To configure a vSwitch (bridge) the switch vm sub-command is used:
# vm switch create public
# vm switch add public em0
This creates a vSwitch called public and then attaches the em0 physical interface to the vSwitch.
Templates
Templates are required to assist with setting up guest configuration with the correct virtual hardware and other settings needed for them to function correctly. Using root, add the following to the templates repository:
# cat <<EOF > /vm/.templates/linux-uefi.conf
loader=”uefi”
graphics=”yes”
cpu=2
memory=1G
disk0_type=”virtio-blk”
disk0_name=”disk0.img”
disk0_dev=”file”
graphics_listen=”[::]”
graphics_res=”1024x768”
xhci_mouse=”yes”
utctime=”yes”
virt_random=”yes”
EOF
# cat <<EOF > /vm/.templates/windows-uefi.conf
loader=”uefi”
graphics=”yes”
cpu=2
memory=4G
disk0_type=”nvme”
disk0_name=”disk0.img”
disk0_dev=”file”
graphics_listen=”[::]”
graphics_res=”1024x768”
xhci_mouse=”yes”
utctime=”no”
virt_random=”yes”
EOF
Creating Guests
With storage, network, installers and templates prepared, guests can now be created.
# vm create -t windows-uefi -s 100G windows-guest
# vm add -d network -s public windows-guest
# vm create -t linux-uefi -s 100G linux-guest
# vm add -d network -s public linux-guest
The above creates both windows and linux guests with 100GB of storage allocated (using file backed storage) using their applicable templates and adds a network interface to each that is connected to the public vSwitch.
The windows guest needs a slight adjustment in its configuration to enable it to have network access during installation until the VirtIO drivers are installed.
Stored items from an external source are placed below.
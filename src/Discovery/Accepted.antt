-- ===== src/Discovery/Accepted.antt =====
-- Which datagrams are accepted, and how they are read back.
use lanxfer.Base.{
  ◌≤◌, ◌≡◌, refl, ◌∙◌, sym, subst, ◌⊎◌, inl, inr, true, false, [], some, Text, arith, Bool-cases,
  Option-cases, length, ok, text_eq, text_eq_iff, ◌||◌,
}
use lanxfer.Identity.{valid}
use lanxfer.Presence.{is_named}
use lanxfer.Discovery.{
  Packet, PacketCodec, describes, without_bad_id, check_type, decode, valid_port, max_os_len,
  type_query, type_reply, type_announce,
}

-- A name that Validate accepts, a port from 1 to 65535 and at most 32 bytes for the system.
abbrev pub IsDescribed : Packet → Type 0
IsDescribed p =
    (is_named p.name ≡ true) × ((1 ≤ p.port) × (p.port ≤ 65535)) × (length p.os ≤ max_os_len)

pub record IsAccepted (b : Text) (p : Packet) : Type 0 where
  pub short : length b ≤ 1024
  pub current : p.lanxfer_version ≡ 1
  pub identified : (p.id ≡ []) ⊎ (valid p.id ≡ true)
  pub described :
      ((p.kind ≡ type_query) × (IsDescribed p ⊎ ((p.name ≡ []) × (p.port ≡ 0) × (p.os ≡ []))))
      ⊎ (((p.kind ≡ type_reply) ⊎ (p.kind ≡ type_announce)) × IsDescribed p)

describes_lem : (p : Packet) → describes p ≡ true → IsDescribed p
unfolding describes valid_port
describes_lem p h = ground (arith, h)

without_bad_id_lem :
    (p : Packet)
    → (((without_bad_id p).id ≡ []) ⊎ (valid (without_bad_id p).id ≡ true))
      × ((without_bad_id p).lanxfer_version ≡ p.lanxfer_version)
unfolding without_bad_id
without_bad_id_lem p = elim (Bool-cases (valid p.id)) [
  | inl t ↦ simp (t, without_bad_id) (inr refl, refl)
  | inr f ↦ simp (f, without_bad_id) (inl refl, refl)
]

-- What `check_type` leaves of a packet.
record IsChecked (p q : Packet) : Type 0 where
  same_id : q.id ≡ p.id
  same_version : q.lanxfer_version ≡ p.lanxfer_version
  of_type :
      ((q.kind ≡ type_query) × (IsDescribed q ⊎ ((q.name ≡ []) × (q.port ≡ 0) × (q.os ≡ []))))
      ⊎ (((q.kind ≡ type_reply) ⊎ (q.kind ≡ type_announce)) × IsDescribed q)

check_type_query :
    (p q : Packet) → check_type p ≡ ok q → text_eq p.kind type_query ≡ true → IsChecked p q
unfolding check_type
check_type_query p q h t = elim (Bool-cases (describes p)) [
  | inl d ↦
      let same : p ≡ q = ground (arith, h, t, d) in
      subst (IsChecked p) same (record {
        same_id = refl;
        same_version = refl;
        of_type = inl ((text_eq_iff p.kind type_query).0 t, inl (describes_lem p d));
      })
  | inr d ↦
      let same : record p { name = []; port = 0; os = [] } ≡ q = ground (arith, h, t, d) in
      subst (IsChecked p) same (record {
        same_id = refl;
        same_version = refl;
        of_type = inl ((text_eq_iff p.kind type_query).0 t, inr (refl, refl, refl));
      })
]

check_type_described :
    (p q : Packet)
    → check_type p ≡ ok q
    → text_eq p.kind type_query ≡ false
    → (text_eq p.kind type_reply || text_eq p.kind type_announce ≡ true)
      × (describes p ≡ true)
      × (p ≡ q)
unfolding check_type
check_type_described p q h f = (ground (arith, h, f), ground (arith, h, f), ground (arith, h, f))

one_of : (s a b : Text) → (text_eq s a || text_eq s b) ≡ true → (s ≡ a) ⊎ (s ≡ b)
one_of s a b h = ground (arith, h, text_eq_iff s a, text_eq_iff s b)

check_type-IsChecked : (p q : Packet) → check_type p ≡ ok q → IsChecked p q
check_type-IsChecked p q h = elim (Bool-cases (text_eq p.kind type_query)) [
  | inl t ↦ check_type_query p q h t
  | inr f ↦
      let (named, d, same) = check_type_described p q h f in
      subst (IsChecked p) same (record {
        same_id = refl;
        same_version = refl;
        of_type = inr (one_of p.kind type_reply type_announce named, describes_lem p d);
      })
]

decode-parts :
    (c : PacketCodec) (b : Text) (q : Packet)
    → decode c b ≡ ok q
    → (length b ≤ 1024)
      × ((p : Packet) × (c.unmarshal b ≡ some p)
          × (p.lanxfer_version ≡ 1)
          × (check_type (without_bad_id p) ≡ ok q))
unfolding decode
decode-parts c b q h = elim (Option-cases (c.unmarshal b)) [
  | inl e ↦ absurd (ground (arith, h, e))
  | inr (p, e) ↦ (ground (arith, h, e), (p, e, ground (arith, h, e), ground (arith, h, e)))
]

-- An accepted datagram has at most 1024 bytes and version 1, its ID is empty or well formed, and it
-- is a query, a reply or an announcement. A reply or an announcement has a valid name, a port from 1
-- to 65535 and at most 32 bytes for the system; a query has that or none of the three.
pub decode-IsAccepted :
    (c : PacketCodec) (b : Text) (q : Packet) → decode c b ≡ ok q → IsAccepted b q
decode-IsAccepted c b q h =
    let (short, parts) = decode-parts c b q h in
    let (p, read, current, checked) = parts in
    let (identified, version) = without_bad_id_lem p in
    let k = check_type-IsChecked (without_bad_id p) q checked in
    record {
      short = short;
      current = k.same_version ∙ version ∙ current;
      identified = subst (λ i. (i ≡ []) ⊎ (valid i ≡ true)) (sym k.same_id) identified;
      described = k.of_type;
    }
Edit the guests configuration and change the network interface from virtio-net to e1000:
# vm configure windows-guest
network0_type=”e1000”
Revert to “virtio-net” once the RedHat VirtIO drivers have been installed.
Installing and Using Guests
To install each guest:
# vm install windows-guest Windows11-bhyve.iso
# vm install linux-guest AlmaLinux-9.5-x86_64-dvd.iso
Once the installation has been initiated, bhyve will be in a wait state. It will not commence the ISO boot process until a connection has been made to the VNC console port. To determine which guest console is running on a corresponding VNC port, use the list sub-command:
# vm list
NAME DATASTORE LOADER CPU MEMORY VNC AUTO STATE
linux-guest default uefi 2 1G [::]:5901 No Locked (host)
windows-guest default uefi 2 8G [::]:5900 No Locked (host)
Using a VNC viewer like TigerVNC or TightVNC, connect the the IPv6 address and port for each of the guests to commence installation:
[2001:db8:1::a]:5900 # if the host is remote
[::1]:5900 # if it is on your local machine using localhost
After the Windows guest has been installed, the VirtIO drivers can be loaded. The drivers can be found at:
(sha256 – 37b9ee622cff30ad6e58dea42fd15b3acfc05fbb4158cf58d3c792b98dd61272)
Navigate to the above URL with the Edge Browser once Windows has finished installing to download and install these drivers. Once installed, shut down the host, switch the network interface in the guest configuration file back to virtio-net and the system can be started as normal.
We now have installed guests ready for use but there needs to be control over these so they can be started and stopped when required. The following commands will perform basic operations on your guests, such as starting, stopping or immediately powering off respectively:
# vm start linux-guest
# vm stop windows-guest
# vm poweroff windows-guest
The difference between stop and power off is that stop issues an ACPI shutdown request to the guest where poweroff immediately kills the bhyve process and won’t shut down the guest cleanly.
Summary
This article is a brief insight into controlling bhyve and installing common operating systems with tools that are available directly from the FreeBSD package repository. vm-bhyve can do so much more than what was described here and is comprehensively detailed in the vm(8) man page.